Ils sont d'une propreté méticuleuse ; ils ont, en effet, le temps de soigner leur corps ; ils se baignent souvent et renouvellent fréquemment leur linge, qui est lavé avec de l'eau «filtrée dans des tubes remplis de sable.» Ils font un grand usage de parfums ; ils se frottent d'huile et de plantes aromatiques, et mâchent tous les matins du fenouil, du thym et du persil pour embaumer leur haleine.
Les hommes et les femmes portent le même costume «propre à la guerre», avec cette seule différence que la tunique des hommes s'arrête au-dessus du genou et que celle des femmes descend un peu au-dessous. Les Solariens établissaient l'égalité des sexes, en détruisant l'inégalité qu'on avait pris des siècles à élever entre eux, par la différenciation des occupations, des fonctions sociales et domestiques, des vêtements, des habitudes, et des mœurs. Ils détestent «ainsi que le fumier le noir, la couleur favorite des Japonais» : tous les vêtements qu'ils portent dans l'intérieur de la cite sont blancs, et ceux qu'ils mettent pour l'extérieur sont rouges [19]. Les habillements sont de soie et de laine. Marco Polo dit que les Tartares de Chine mettaient le premier jour de leur an des vêtements blancs en signe de bonheur ; le cheval blanc était l'emblème allégorique de l'ordre des Dominicains auquel appartenait Campanella, qui a pris divers détails dans les récits de l'aventurier vénitien ; la construction de sa cité ressemble à celle du palais de l'empereur à Combaluc, le nom tartare de Pékin.
La vie abondante, hygiénique, entrecoupée de travaux et de plaisirs physiques et intellectuels, sans inquiétude du lendemain et sans préoccupation d'aucune sorte que mènent les Solariens, les rend robustes et sains. Le seul mal qui les frappe souvent est l'épilepsie ; il est vrai que c'est «la maladie des hommes supérieurs, d'Hercule, de Scott, de Socrate, de Callimaque et de Mahomet» : ils la guérissent par des prières et des exercices gymnastiques appropriés. Leur thérapeutique est aussi originale que simple : elle prescrit surtout les bains de lait et de vin, le séjour à la campagne, l'exercice modéré et gradué, la musique et la danse. Avant les Solariennes, les femmes de Lacédémone baignaient leurs nouveau-nés dans du vin pour les rendre robustes, et Démocrate, à ce que l'on rapporte, guérissait les coliques néphrétiques et la sciatique avec des airs de flûte.
Note
19
La
couleur des vêtements avait une importance pour Campanella ;
elle était un symbole Il dit dans une pièce de vers :
«Un vêtement de deuil convient à notre siècle...

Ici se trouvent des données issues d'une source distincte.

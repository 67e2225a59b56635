-- ===== src/Events/Recent.antt =====
-- The queues of the listener are bounded, and hold the latest events in their order.
use asl3_api.Prelude.{
  ℕ, ◌≤◌, String, Bool, true, false, List, [], ◌∷◌, ◌++◌, map, length, drop, leb, if◌then◌else◌,
  ◌==◌, All, length-append, ◌≡◌, refl, sym, ap, ◌∙◌, arith, inl, inr, Bool-cases, Option-cases,
  append_nil,
}
use asl3_api.Errors.{Result, ok, err}
use asl3_api.Effects.{modify, either-keeps}
use asl3_api.Models.{NodeState}
use asl3_api.Events.{to_set}
use asl3_api.Events.Listener.{
  Event, rxkeyed, txkeyed, Origin, Queue, Listener, init, discard, make_room, deliver, broadcast,
  broadcast_all, make_event, is_same_flag, snapshot_of, forget, observe_rx, observe_tx, nodes_of,
  transitions, observe_state, poll_once, Action, starts, stops, subscribes, unsubscribes, receives,
  polls, take_first, act, run,
}

-- The events of a queue are the latest of those sent, and at most 200.
pub record Recent (sent : List Event) (items : List Event) : Type 0 where
  pub bounded : length items ≤ 200
  pub before : List Event
  pub latest : sent ≡ before ++ items

abbrev pub AllRecent : Listener → Type 0
AllRecent l = All (λ (q : Queue). Recent l.sent q.items) l.queues

append_assoc_list : (xs ys zs : List Event) → (xs ++ ys) ++ zs ≡ xs ++ (ys ++ zs)
append_assoc_list [] ys zs = refl
append_assoc_list (x ∷ xs) ys zs = ap (λ l. x ∷ l) (append_assoc_list xs ys zs)

-- Without its oldest event, a queue holds the latest ones still.
drop-Recent : (sent items : List Event) → Recent sent items → Recent sent (drop 1 items)
drop-Recent sent [] r = r
drop-Recent sent (x ∷ items) r = record {
  bounded = omega (arith, r.bounded);
  before = r.before ++ x ∷ [];
  latest = r.latest ∙ sym (append_assoc_list r.before (x ∷ []) items);
}

made_room : (items : List Event) → length items ≤ 200 → length (make_room items) ≤ 199
made_room [] h = omega arith
made_room (x ∷ items) h = ground (arith, h)

make_room-Recent : (sent items : List Event) → Recent sent items → Recent sent (make_room items)
make_room-Recent sent items r = elim (Bool-cases (leb 200 (length items))) [
  | inl full ↦ rw full (drop-Recent sent items r)
  | inr room ↦ rw room r
]

deliver-Recent :
    (sent : List Event) (e : Event) (items : List Event)
    → Recent sent items
    → Recent (sent ++ e ∷ []) (make_room items ++ e ∷ [])
deliver-Recent sent e items r =
    let kept = make_room-Recent sent items r in
    record {
      bounded = omega (arith, made_room items r.bounded, length-append (make_room items) (e ∷ []));
      before = kept.before;
      latest =
          ap (λ l. l ++ e ∷ []) kept.latest
          ∙ append_assoc_list kept.before (make_room items) (e ∷ []);
    }

broadcast-AllRecent : (e : Event) (l : Listener) → AllRecent l → AllRecent (broadcast e l)
unfolding broadcast
broadcast-AllRecent e l h = over l.queues h
  where
    over :
        (qs : List Queue)
        → All (λ (q : Queue). Recent l.sent q.items) qs
        → All (λ (q : Queue). Recent (l.sent ++ e ∷ []) q.items) (map (deliver e) qs)
    over [] g = tt
    over (q ∷ qs) g = (deliver-Recent l.sent e q.items g.0, over qs g.1)

broadcast_all-AllRecent :
    (es : List Event) (l : Listener) → AllRecent l → AllRecent (broadcast_all es l)
unfolding broadcast_all
broadcast_all-AllRecent [] l h = h
broadcast_all-AllRecent (e ∷ es) l h =
    broadcast_all-AllRecent es (broadcast e l) (broadcast-AllRecent e l h)

changed-AllRecent :
    (same : Bool) (l l' : Listener)
    → AllRecent l
    → AllRecent l'
    → AllRecent (if same then l else l')
changed-AllRecent true l l' h h' = h
changed-AllRecent false l l' h h' = h'

discard-AllRecent :
    (sent : List Event) (id : ℕ) (qs : List Queue)
    → All (λ (q : Queue). Recent sent q.items) qs
    → All (λ (q : Queue). Recent sent q.items) (discard id qs)
discard-AllRecent sent id [] h = tt
discard-AllRecent sent id (q ∷ qs) h = elim (Bool-cases (q.id == id)) [
  | inl here ↦ rw here (discard-AllRecent sent id qs h.1)
  | inr other ↦ rw other (h.0, discard-AllRecent sent id qs h.1)
]

take_first-AllRecent :
    (sent : List Event) (id : ℕ) (qs : List Queue)
    → All (λ (q : Queue). Recent sent q.items) qs
    → All (λ (q : Queue). Recent sent q.items) (map (take_first id) qs)
take_first-AllRecent sent id [] h = tt
take_first-AllRecent sent id (q ∷ qs) h = elim (Bool-cases (q.id == id)) [
  | inl here ↦ rw here (drop-Recent sent q.items h.0, take_first-AllRecent sent id qs h.1)
  | inr other ↦ rw other (h.0, take_first-AllRecent sent id qs h.1)
]

module _ (arrange : List String → List String) (from : Origin) where
  observe_state-AllRecent :
      (state : NodeState) (l : Listener)
      → AllRecent l
      → AllRecent (observe_state arrange from state l).1
  observe_state-AllRecent state l h =
      let l1 = observe_rx from state l in
      let l2 = observe_tx from state l1 in
      let h1 =
        changed-AllRecent (is_same_flag state.rx_keyed l.rxkeyed) l _ h
          (broadcast-AllRecent (make_event from (rxkeyed state.rx_keyed state.node)) l h) in
      let h2 =
        changed-AllRecent (is_same_flag state.tx_keyed l1.txkeyed) l1 _ h1
          (broadcast-AllRecent (make_event from (txkeyed state.tx_keyed state.node)) l1 h1) in
      elim (Option-cases state.direct_links) [
        | inl missing ↦ rw missing h2
        | inr (links, there) ↦ rw there (
            broadcast_all-AllRecent
              (transitions arrange from (to_set (nodes_of links)) l2.known_nodes) l2 h2)
      ]

  poll_once-AllRecent :
      (snapshot : Result NodeState) (l : Listener)
      → AllRecent l
      → AllRecent (poll_once arrange from snapshot l).1
  unfolding poll_once
  poll_once-AllRecent (err e) l h = h
  poll_once-AllRecent (ok state) l h =
      let told = make_event from (snapshot_of state) in
      let h1 = broadcast-AllRecent told l h in
      either-keeps AllRecent state.is_complete (observe_state arrange from state) (modify forget)
        (broadcast told l) (observe_state-AllRecent state (broadcast told l) h1) h1

  act-AllRecent : (a : Action) (l : Listener) → AllRecent l → AllRecent (act arrange from a l)
  unfolding act
  act-AllRecent (starts enabled) l h = elim (Bool-cases enabled) [
    | inl on ↦ rw on h
    | inr off ↦ rw off h
  ]
  act-AllRecent stops l h = h
  act-AllRecent subscribes l h =
      (record { bounded = omega arith; before = l.sent; latest = sym (append_nil l.sent) }, h)
  act-AllRecent (unsubscribes id) l h = discard-AllRecent l.sent id l.queues h
  act-AllRecent (receives id) l h = take_first-AllRecent l.sent id l.queues h
  act-AllRecent (polls snapshot) l h =
      changed-AllRecent l.polling (poll_once arrange from snapshot l).1 l
        (poll_once-AllRecent snapshot l h) h

  -- In every run of the listener, the queue of each subscriber holds at most 200 events, which are
  -- the last ones that were sent, in their order.
  pub run-AllRecent : (actions : List Action) → AllRecent (run arrange from actions init)
  unfolding run
  run-AllRecent actions = from_start actions init tt
    where
      from_start :
          (todo : List Action) (l : Listener) → AllRecent l → AllRecent (run arrange from todo l)
      from_start [] l h = h
      from_start (a ∷ todo) l h = from_start todo (act arrange from a l) (act-AllRecent a l h)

Ce siècle a honte des couleurs riantes, car il pleure sur sa
fin, sur la tyrannie qui a rempli son cours ; sur les fers, les
lacets, les plombs, les embûches des héros sanguinaires
et sur les âmes affligées des Justes.
«...
Cette couleur est encore l'emblème
d'une folie extrême qui
nous rend aveugles, ténébreux
et méchants
"...
J'entrevois
un temps où l'on reviendra aux blanches tuniques, lorsque la
volonté suprême nous aura tiré de cette fange.»